• [Supplied data]:
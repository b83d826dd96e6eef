-- ===== src/Replication/Rejoin.antt =====
-- A backup of the old primary that follows a new one: handleNewPrimaryAnnouncementPacket, then
-- registerBackup at the new primary, then handleClientUpdate and handleHistoryEntry at the backup
-- (T1/server/Server.cpp).
use mathlib.Core.List.{append_assoc}
use sis_op_ii.Common.{
  ℕ, ◌^◌, ◌<◌, ◌≡◌, ◌≢◌, refl, sym, ap, ◌∙◌, true, some, List, [], ◌∷◌, ◌++◌, map, arith, length,
  if◌then◌else◌, subst,
}
use sis_op_ii.Common.Int.{ℤ, pos}
use sis_op_ii.Common.Word.{add_int}
use sis_op_ii.Protocol.{ServerRole, PacketType, Transaction, Packet, SockAddr, ClientDto}
use sis_op_ii.Protocol.CharArray.{IsAddress, c_string-copy_ip_address}
use sis_op_ii.Platform.{Platform, NetLaws}
use sis_op_ii.Server.State.{Server}
use sis_op_ii.Server.Clients.{find_client}
use sis_op_ii.Server.Clients.Append.{Found-append, Found-append_new}
use sis_op_ii.Server.Registration.{
  client_update_packet, history_packet, handle_client_update, register_backup, sync_packets,
}
use sis_op_ii.Server.Registration.Join.{handle_client_update-known}
use sis_op_ii.Server.Election.{
  Reaction, silent, id_packet, sender_id, bare_packet, handle_new_primary_announcement,
  follow_primary,
}
use sis_op_ii.Server.Dispatch.{replies, handle_packet, dispatch}
use sis_op_ii.Server.Dispatch.Types.{dispatch-type}
use sis_op_ii.Replication.Mirrors.{Mirrors}
use sis_op_ii.Replication.Sync.{
  client_update-taken, receive_all, AllFresh, count_from, volume_from, with_entries,
  receive-entries,
}
use sis_op_ii.Replication.Fresh.{IsConsistent, map-first, with_entries-fields}

-- A count over one history and then over another.
count_from-append :
    (n : ℤ) (xs ys : List Transaction) → count_from n (xs ++ ys) ≡ count_from (count_from n xs) ys
count_from-append n [] ys = refl
count_from-append n (x ∷ xs) ys = count_from-append (add_int n (pos 1)) xs ys

volume_from-append :
    (n : ℤ) (xs ys : List Transaction)
    → volume_from n (xs ++ ys) ≡ volume_from (volume_from n xs) ys
volume_from-append n [] ys = refl
volume_from-append n (x ∷ xs) ys = volume_from-append (add_int n x.value) xs ys

module _ {W : Type 0} where
  -- Each of some clients is among the known ones, under an address that fits a packet.
  AllKnown : List (ClientDto W) → List (ClientDto W) → Type 0
  AllKnown known [] = Unit {0}
  AllKnown known (c ∷ cs) =
      ((i : ℕ) × (find_client c.address known ≡ some i)) × IsAddress c.address × AllKnown known cs

  AllFresh-AllKnown :
      (before cs : List (ClientDto W)) → AllFresh before cs → AllKnown (before ++ cs) cs
  unfolding AllKnown
  AllFresh-AllKnown before [] fresh = tt
  AllFresh-AllKnown before (c ∷ cs) (missing, fits, later) =
      let here =
        Found-append c.address (before ++ c ∷ []) cs (length before) c
          (Found-append_new c.address before c missing refl) in
      subst (λ known. AllKnown known (c ∷ cs)) (append_assoc before (c ∷ []) cs)
        ((length before, here.found), fits, AllFresh-AllKnown (before ++ c ∷ []) cs later)

module _ {W : Type 0} ⦃p : Platform W⦄ (laws : NetLaws W) (addr : SockAddr) where
  update-known :
      (b : Server W) (c : ClientDto W) (i : ℕ)
      → find_client c.address b.clients ≡ some i
      → IsAddress c.address
      → handle_client_update b (client_update_packet c) ≡ some b
  unfolding client_update_packet
  update-known b c i known fits =
      handle_client_update-known b (client_update_packet c) c.address i
        (c_string-copy_ip_address c.address fits) known

  dispatch-known :
      (b : Server W) (c : ClientDto W) (i : ℕ)
      → b.current_role ≡ ServerRole.backup
      → find_client c.address b.clients ≡ some i
      → IsAddress c.address
      → dispatch b (client_update_packet c) addr ≡ some (silent b)
  unfolding client_update_packet handle_packet
  dispatch-known b c i role known fits =
      dispatch-type laws b (client_update_packet c) addr PacketType.add_client_update refl
      ∙ client_update-taken laws addr b b (client_update_packet c) role
          (update-known b c i known fits)

  -- A backup passes over clients that it knows.
  receive-known :
      (b : Server W) (cs : List (ClientDto W)) (rest : List (Packet W))
      → b.current_role ≡ ServerRole.backup
      → AllKnown b.clients cs
      → receive_all b (map client_update_packet cs ++ rest) addr ≡ receive_all b rest addr
  unfolding receive_all AllKnown
  receive-known b [] rest role known = refl
  receive-known b (c ∷ cs) rest role ((i, here), fits, later) =
      rw (dispatch-known b c i role here fits) (receive-known b cs rest role later)

  -- A survivor and a new primary with the same accounts.
  module _ (back : SockAddr) (s b : Server W) (leads : s.current_role ≡ ServerRole.primary)
      (follows : b.current_role ≡ ServerRole.backup) (equal : Mirrors s b)
      (consistent : IsConsistent s) (small : s.server_id < 2 ^ 32)
      (other : s.server_id ≢ b.server_id) where
    abbrev announcement : Packet W
    announcement = id_packet PacketType.new_primary_announcement s.server_id

    -- The survivor after the announcement.
    abbrev follower : Server W
    follower = record b {
      election_lost = if b.election_in_progress then true else b.election_lost;
      primary_alive = true;
      current_role = ServerRole.backup;
      backup_servers = [];
      primary_server_addr = addr;
    }

    follow :
        (r : Reaction W) × (dispatch b announcement addr ≡ some r)
        × (r.sent ≡ ((bare_packet PacketType.register_backup, addr) ∷ []))
        × (r.server ≡ follower)
    unfolding handle_packet handle_new_primary_announcement follow_primary id_packet sender_id
    follow = (
      _,
      dispatch-type laws b announcement addr PacketType.new_primary_announcement refl,
      ground (arith, laws.ntohl-htonl s.server_id small),
      ground (arith, laws.ntohl-htonl s.server_id small),
    )

    enlist :
        dispatch s (bare_packet PacketType.register_backup) back
        ≡ some (replies (register_backup s back))
    unfolding handle_packet bare_packet
    enlist =
        dispatch-type laws s (bare_packet PacketType.register_backup) back
          PacketType.register_backup refl
        ∙ rw leads

    taken :
        receive_all follower (map (λ m. m.0) (register_backup s back).1) addr
        ≡ some (with_entries follower s.transaction_history)
    unfolding register_backup sync_packets
    taken = rw (map-first back) (
        receive-known follower s.clients (map history_packet s.transaction_history) refl (
          subst (λ known. AllKnown known s.clients) (sym equal.clients)
            (AllFresh-AllKnown [] s.clients consistent.registered))
        ∙ receive-entries laws addr follower s.transaction_history refl)

    -- A new primary, whose clients have distinct addresses that fit a packet and whose counters
    -- are those of its history, announces itself to a backup of the old primary that has the same
    -- accounts and another id; ids are 32-bit numbers. The backup follows and asks to register,
    -- and the new primary sends it clients and history. The backup takes all of it without a
    -- fault: its clients and its total balance stay, but its history is then the primary's written
    -- twice, and its counters are those of that doubled history.
    pub rejoin-doubles :
        (r q : Reaction W) × (b' : Server W) × (dispatch b announcement addr ≡ some r)
        × (r.sent ≡ ((bare_packet PacketType.register_backup, addr) ∷ []))
        × (dispatch s (bare_packet PacketType.register_backup) back ≡ some q)
        × (receive_all r.server (map (λ m. m.0) q.sent) addr ≡ some b')
        × (b'.clients ≡ s.clients)
        × (b'.total_balance ≡ s.total_balance)
        × (b'.transaction_history ≡ s.transaction_history ++ s.transaction_history)
        × (b'.num_transactions
            ≡ count_from (pos 0) (s.transaction_history ++ s.transaction_history))
        × (b'.total_transferred
            ≡ volume_from (pos 0) (s.transaction_history ++ s.transaction_history))
    rejoin-doubles =
        let (r, heard, asks, becomes) = follow in
        let after = with_entries-fields follower s.transaction_history in
        (
          r,
          replies (register_backup s back),
          with_entries follower s.transaction_history,
          heard,
          asks,
          enlist,
          rw becomes taken,
          after.clients ∙ equal.clients,
          after.money ∙ equal.money,
          after.history ∙ ap (λ ts. ts ++ s.transaction_history) equal.history,
          after.transactions
              ∙ ap (λ n. count_from n s.transaction_history)
                  (equal.transactions ∙ consistent.counted)
              ∙ sym (count_from-append (pos 0) s.transaction_history s.transaction_history),
          after.transferred
              ∙ ap (λ n. volume_from n s.transaction_history)
                  (equal.transferred ∙ consistent.measured)
              ∙ sym (volume_from-append (pos 0) s.transaction_history s.transaction_history),
        )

• [What to produce]:
From the data above, copy each line that has the string "counters".

• [Written solution]:
    -- A new primary, whose clients have distinct addresses that fit a packet and whose counters
    -- twice, and its counters are those of that doubled history.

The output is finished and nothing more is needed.